1.b If I use aluminum should I cover it with black epoxy paint for both safety and aesthetics?

II Stand
2.a What would be the safest way to build a DIY stand? Would structural steel work better than 2x4s?

2.b As far as the stand stability is a lower height from the floor (like 20"H) better than a taller one (say 30"H)? I think it is yet not sure about this

III Water line & Tank design
3. Since in Paladarium the water line looks better when visible through the glass how far can I go in glass height? Must I need to consider glass height (for safety factor calculations) as all the glass from bottom to top rim or is it safe to consider glass height based on estimated water column height?

IV Placement Options
4. Where do you think this display tank should be placed? Below a sketch with the two options I have considered:









V Other Questions:
Feel free to ask/suggest ideas not asked previously

Pepetj
Santo Domingo


----------



## Neal (Mar 1, 2003)

Have you considered using option B, but moving the tank to the wall in the hallway? With a window cut in the wall you could view the tank from the living room, but service it from the fish room.


----------



## pepetj (Oct 2, 2008)

Neal said:


> Have you considered using option B, but moving the tank to the wall in the hallway? With a window cut in the wall you could view the tank from the living room, but service it from the fish room.

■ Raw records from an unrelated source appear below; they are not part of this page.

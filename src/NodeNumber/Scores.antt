-- ===== src/NodeNumber/Scores.antt =====
-- minisched/plugins/score/nodenumber/nodenumber.go: what the plugin scores, and how long it waits.
use mini_kube_scheduler.Common.{
  ℕ, ◌≡◌, refl, ◌∙◌, ap, ◌⊎◌, true, false, List, [], ◌∷◌, ◌++◌, Option, none, some, arith,
  if◌then◌else◌, ◌-◌, ◌*◌, Bool-cases, inl, inr, nat_beq, ◌<◌,
}
use mini_kube_scheduler.Common.Int.{ℤ, pos}
use mini_kube_scheduler.Common.Keys.{Text, text_eq, eq_refl}
use mini_kube_scheduler.Framework.{Framework, Pod, Node, pre_score_state, wait}
use mini_kube_scheduler.Strconv.{
  last_byte, is_digit, atoi-digit, atoi_of_digit, atoi_of_other, digit_below,
}
use mini_kube_scheduler.NodeNumber.{
  pre_score, score, permit, Permitted, pre_score_state_key, remember, score_with, match_score,
  wait_for,
}

last_byte-snoc : (s : Text) (c : ℕ) → last_byte (s ++ c ∷ []) ≡ some (c ∷ [])
unfolding last_byte
last_byte-snoc [] c = refl
last_byte-snoc (d ∷ []) c = refl
last_byte-snoc (d ∷ e ∷ s) c = last_byte-snoc (e ∷ s) c

module _ ⦃fw : Framework⦄ where
  -- PreScore and then Score, on a new cycle state.
  abbrev pub scored : Pod → List Node → (node_name : Text) → Option (ℤ × fw.Status)
  scored pod nodes node_name = elim (pre_score fw.new_cycle_state pod nodes) [
    | none ↦ none
    | some (status, state) ↦ score state pod node_name
  ]

  pre_score_lem :
      (state : fw.CycleState) (pod : Pod) (nodes : List Node) (p : Text) (c : ℕ)
      → pod.name ≡ p ++ c ∷ []
      → pre_score state pod nodes
        ≡ some (remember state (if is_digit c then some (pos (c - b'0')) else none))
  unfolding pre_score
  pre_score_lem state pod nodes p c e =
      rw (ap last_byte e ∙ last_byte-snoc p c, pre_score)
        (ap (λ x. some (remember state x)) (atoi-digit c))

  -- PreScore of a pod whose name ends in a digit succeeds.
  pub pre_score-digit :
      (state : fw.CycleState) (pod : Pod) (nodes : List Node) (p : Text) (c : ℕ)
      → pod.name ≡ p ++ c ∷ []
      → is_digit c ≡ true
      → (state' : fw.CycleState) × (pre_score state pod nodes ≡ some (fw.nil_status, state'))
  unfolding remember
  pre_score-digit state pod nodes p c e digit = (
    (remember state (some (pos (c - b'0')))).1,
    pre_score_lem state pod nodes p c e ∙ rw digit refl,
  )

  score_with_lem :
      (podnum : ℤ) (n : Text) (d : ℕ)
      → score_with (some (pre_score_state podnum)) (n ++ d ∷ [])
        ≡ some (match_score podnum (if is_digit d then some (pos (d - b'0')) else none))
  unfolding score_with
  score_with_lem podnum n d =
      rw (last_byte-snoc n d, score_with) (ap (λ x. some (match_score podnum x)) (atoi-digit d))

  match_score_lem :
      (c d : ℕ)
      → is_digit c ≡ true
      → match_score (pos (c - b'0')) (if is_digit d then some (pos (d - b'0')) else none)
        ≡ ((if nat_beq c d then pos 10 else pos 0), fw.nil_status)
  unfolding match_score is_digit
  match_score_lem c d h = ground arith

  -- A pod whose name ends in a digit: a node whose name ends in the same digit scores 10, any other
  -- node 0, and Score succeeds.
  pub scored-digit :
      (pod : Pod) (nodes : List Node) (p n : Text) (c d : ℕ)
      → pod.name ≡ p ++ c ∷ []
      → is_digit c ≡ true
      → scored pod nodes (n ++ d ∷ [])
        ≡ some ((if nat_beq c d then pos 10 else pos 0), fw.nil_status)
  unfolding score remember
  scored-digit pod nodes p n c d e digit =
      rw (pre_score_lem fw.new_cycle_state pod nodes p c e, scored, digit)
        (rw
          (
            fw.read-write pre_score_state_key pre_score_state_key (pre_score_state (pos (c - b'0')))
                fw.new_cycle_state,
            eq_refl pre_score_state_key,
          )
          (score_with_lem (pos (c - b'0')) n d ∙ ap some (match_score_lem c d digit)))

  pub scored-non_digit :
      (pod : Pod) (nodes : List Node) (p n : Text) (c : ℕ)
      → pod.name ≡ p ++ c ∷ []
      → is_digit c ≡ false
      → (scored pod nodes n ≡ some (pos 0, fw.as_status fw.not_found))
        × (fw.is_success (fw.as_status fw.not_found) ≡ false)
  unfolding score remember score_with
  scored-non_digit pod nodes p n c e other = (
    rw (pre_score_lem fw.new_cycle_state pod nodes p c e, scored, other)
        (rw (fw.read-new pre_score_state_key) refl),
    ground (arith, fw.is_success-code (fw.as_status fw.not_found), fw.code-as_status fw.not_found),
  )

  -- Permit waits exactly for a node whose name ends in a digit: its Allow is due after so many
  -- seconds as the digit says, before the timeout of ten seconds. For any other node it succeeds at
  -- once.
  pub permit_lem :
      (state : fw.CycleState) (pod : Pod) (n : Text) (d : ℕ)
      → ((is_digit d ≡ true)
          × (delay : ℕ) × (r : Permitted fw.Status) × (permit state pod (n ++ d ∷ []) ≡ some r)
          × (fw.code r.status ≡ wait)
          × (r.allow_after ≡ some delay)
          × (delay ≡ (d - b'0') * 1_000_000_000)
          × (delay < r.timeout))
        ⊎ (is_digit d ≡ false)
          × (permit state pod (n ++ d ∷ [])
              ≡ some (record { status = fw.nil_status; timeout = 0; allow_after = none }))
  unfolding permit wait_for
  permit_lem state pod n d = elim (Bool-cases (is_digit d)) [
    | inl e ↦ inl (
      e,
      (d - b'0') * 1_000_000_000,
      wait_for (some (pos (d - b'0'))),
      rw (last_byte-snoc n d, permit) (ap (λ x. some (wait_for x)) (atoi_of_digit d e)),
      fw.code-new wait [],
      refl,
      refl,
      omega (arith, digit_below d e),
    )
    | inr e ↦
        inr (e, rw (last_byte-snoc n d, permit) (ap (λ x. some (wait_for x)) (atoi_of_other d e)))
  ]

That's a good idea I didn't think of... gotta check it with the architect and my wife.

Thank you!

Pepetj
Santo Domingo


----------



## JustLikeAPill (Oct 9, 2006)

Option B, but against the other side of the room in the corner.


----------



## Michael (Jul 20, 2010)

Cool project! Since you have an architect, you should consult with him or her on the stand for the tank. This is a lot of weight, and the floor structure my need some reinforcement.

I've never seen these fish in a planted tank. My bet is that their behavior will be much more natural than we usually see in aquaria. Are you going to do an African river biotope?

--Michael


----------



## pepetj (Oct 2, 2008)

Not the best pic but here you can see them in their growing tank (82 gal).









Main plants: Crinum callamistratum and Lagenandra meeboldii 'Pink'.
Mixture of Cryptocoryne sp in the substrate with a few Anubias barteri
Floating Hygrophila polysperma (provides cover)

Pepetj
Santo Domingo


----------